Activity: Copy, word for word, the lines of the entries below between the one with "sync_artifact-IsStored a w o" and the one with "(manifest : CustomManifest)", inclusive, and leave out everything else.

-----

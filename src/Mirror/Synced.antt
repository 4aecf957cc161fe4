-- ===== src/Mirror/Synced.antt =====
-- What a run of the mirror has stored when it succeeds
use eks_hybrid.Base.{
  ℕ, ◌==◌, String, ◌<>◌, str_eq_refl, ◌≡◌, refl, subst, Bool, true, false, Option-cases, some, List,
  [], ◌∷◌, All, Err, ok, IsOk, arith,
}
use eks_hybrid.Machine.{Bytes, World, Host, write_file, wrapping, guard, lift, os_write_file}
use eks_hybrid.Machine.Success.{
  both-IsOk, answered, ok-IsOk, unwrapped-ok, unwrapped-IsOk, guard-true,
}
use eks_hybrid.Release.Defs.{Artifact}
use eks_hybrid.Mirror.{
  ArtifactInfo, Downloader, CustomManifest, collect_artifacts, endpoint, s3_key, custom_artifact,
  custom_manifest, custom_uri-s3_key,
}
use eks_hybrid.Mirror.Run.{
  MirrorHost, manifest_name, stream_to_s3, sync_artifact, sync_all, generate_custom_manifest,
  run_mirror,
}
use eks_hybrid.Mirror.Listed.{IsListed, all-IsListed}

is_found : (n : ℕ) → (n == 200) ≡ true → n ≡ 200
is_found n e = ground arith

guard-world : (b : Bool) (e : Err) (v : World) → (guard b e v).1 ≡ v
guard-world true e v = refl
guard-world false e v = refl

module _ (h : Host) (m : MirrorHost) (d : Downloader) where
  -- A request for the URL delivered a body with status 200, which was uploaded under the key next.
  abbrev pub IsStored : String → String → World → Type 0
  IsStored url key w =
      (b : Bytes) × ((m.get url w).0 ≡ ok (200, b)) × IsOk (m.upload key b (m.get url w).1).0

  -- The manifest lists an artifact of this name, whose address is the bucket's endpoint followed by the
  -- key under which the artifact is stored.
  abbrev pub IsMirrored : CustomManifest → ArtifactInfo → World → Type 0
  IsMirrored manifest a w =
      (x : Artifact) × (key : String) × IsListed x manifest
      × (x.name ≡ a.name)
      × (x.uri ≡ endpoint d <> key)
      × IsStored a.url key w

  -- each of some artifacts, from the world in which its turn in the run comes
  unfoldable pub AllMirrored : CustomManifest → List ArtifactInfo → World → Type 0
  AllMirrored manifest [] w = Unit
  AllMirrored manifest (a ∷ more) w =
      IsMirrored manifest a w × AllMirrored manifest more (sync_artifact h m d a w).1

  -- the file of the manifest holds it, encoded
  abbrev pub IsWritten : CustomManifest → World → Type 0
  IsWritten manifest v =
      (b : Bytes) × (m.marshal manifest ≡ ok b) × (v.files (manifest_name d) ≡ some b)

  stream_to_s3-IsStored :
      (url key : String) (w : World) → IsOk (stream_to_s3 h m d url key w).0 → IsStored url key w
  unfolding stream_to_s3 wrapping
  stream_to_s3-IsStored url key w o =
      let ((n, b), e, g) = both-IsOk _ (wrapping "making request" (m.get url)) w o in
      let v = (m.get url w).1 in
      let (u, f, k) = both-IsOk _ (guard (n == 200) _) v g in
      let p : n ≡ 200 = is_found n (guard-true (n == 200) _ v (ok-IsOk _ u f)) in
      (
        b,
        subst (λ c. (m.get url w).0 ≡ ok (c, b)) p (unwrapped-ok _ _ (n, b) e),
        subst (λ x. IsOk (m.upload key b x).0) (guard-world (n == 200) _ v) (unwrapped-IsOk _ _ k),
      )

  sync_artifact-IsStored :
      (a : ArtifactInfo) (w : World)
      → IsOk (sync_artifact h m d a w).0
      → IsStored a.url (s3_key d a) w
  unfolding sync_artifact wrapping
  sync_artifact-IsStored a w o =
      let (u, e, g) = both-IsOk _ (wrapping _ (stream_to_s3 h m d a.url (s3_key d a))) w o in
      stream_to_s3-IsStored a.url (s3_key d a) w (unwrapped-IsOk _ _ (ok-IsOk _ u e))

  sync_all-AllMirrored :
      (manifest : CustomManifest) (found : List ArtifactInfo) (w : World)
      → All (λ a. IsListed (custom_artifact d a) manifest) found
      → IsOk (sync_all h m d found w).0
      → AllMirrored manifest found w
  unfolding sync_all wrapping AllMirrored custom_artifact
  sync_all-AllMirrored manifest [] w l o = tt
  sync_all-AllMirrored manifest (a ∷ more) w (l, ls) o =
      let (u, e, g) = both-IsOk _ (wrapping _ (sync_artifact h m d a)) w o in
      (
        (
          custom_artifact d a,
          s3_key d a,
          l,
          refl,
          custom_uri-s3_key d a,
          sync_artifact-IsStored a w (unwrapped-IsOk _ _ (ok-IsOk _ u e)),
        ),
        sync_all-AllMirrored manifest more _ ls g,
      )

  written :
      (p : String) (b : Bytes) (w : World)
      → IsOk (os_write_file h p b w).0
      → (os_write_file h p b w).1.files p ≡ some b
  unfolding os_write_file
  written p b w o = ground (arith, str_eq_refl p, Option-cases (h.act w.trace (write_file p)))

  generate_custom_manifest-IsWritten :
      (found : List ArtifactInfo) (w : World)
      → IsOk (generate_custom_manifest h m d found w).0
      → IsWritten (custom_manifest d found) (generate_custom_manifest h m d found w).1
  unfolding generate_custom_manifest wrapping
  generate_custom_manifest-IsWritten found w =
      answered _ (λ r. IsWritten (custom_manifest d found) r.1)
        (wrapping "marshaling manifest to YAML" (lift (m.marshal (custom_manifest d found)))) w
        (λ b e o. (b, unwrapped-ok _ _ b e, written (manifest_name d) b w (unwrapped-IsOk _ _ o)))

  -- When the mirror's run succeeds, it has found artifacts, and the file of the custom manifest holds
  -- the manifest for them, encoded. That manifest lists each artifact found, by its name and an address
  -- that is the bucket's endpoint followed by a key; and when the artifact's turn came, a request for
  -- its URL delivered a body with status 200, which was uploaded under that key next.
  pub run_mirror-AllMirrored :
      (w : World)
      → IsOk (run_mirror h m d w).0
      → (found : List ArtifactInfo) × (collect_artifacts d ≡ ok found)
        × AllMirrored (custom_manifest d found) found w
        × IsWritten (custom_manifest d found) (run_mirror h m d w).1
  unfolding run_mirror wrapping
  run_mirror-AllMirrored w =
      answered _
        (λ r.
          (found : List ArtifactInfo) × (collect_artifacts d ≡ ok found)
          × AllMirrored (custom_manifest d found) found w
          × IsWritten (custom_manifest d found) r.1)
        (wrapping "collecting artifacts" (lift (collect_artifacts d))) w
        (λ found e o.
          let c = unwrapped-ok _ _ found e in
          let (u, f, k) = both-IsOk _ (sync_all h m d found) w o in
          (
            found,
            c,
            sync_all-AllMirrored (custom_manifest d found) found w (all-IsListed d found c)
                (ok-IsOk _ u f),
            answered _ (λ r. IsWritten (custom_manifest d found) r.1) (sync_all h m d found) w
                (λ _ _ o'. generate_custom_manifest-IsWritten found _ (unwrapped-IsOk _ _ o')) o,
          ))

-----

Output of the exercise:
  sync_artifact-IsStored a w o =
      let (u, e, g) = both-IsOk _ (wrapping _ (stream_to_s3 h m d a.url (s3_key d a))) w o in
      stream_to_s3-IsStored a.url (s3_key d a) w (unwrapped-IsOk _ _ (ok-IsOk _ u e))

  sync_all-AllMirrored :
      (manifest : CustomManifest) (found : List ArtifactInfo) (w : World)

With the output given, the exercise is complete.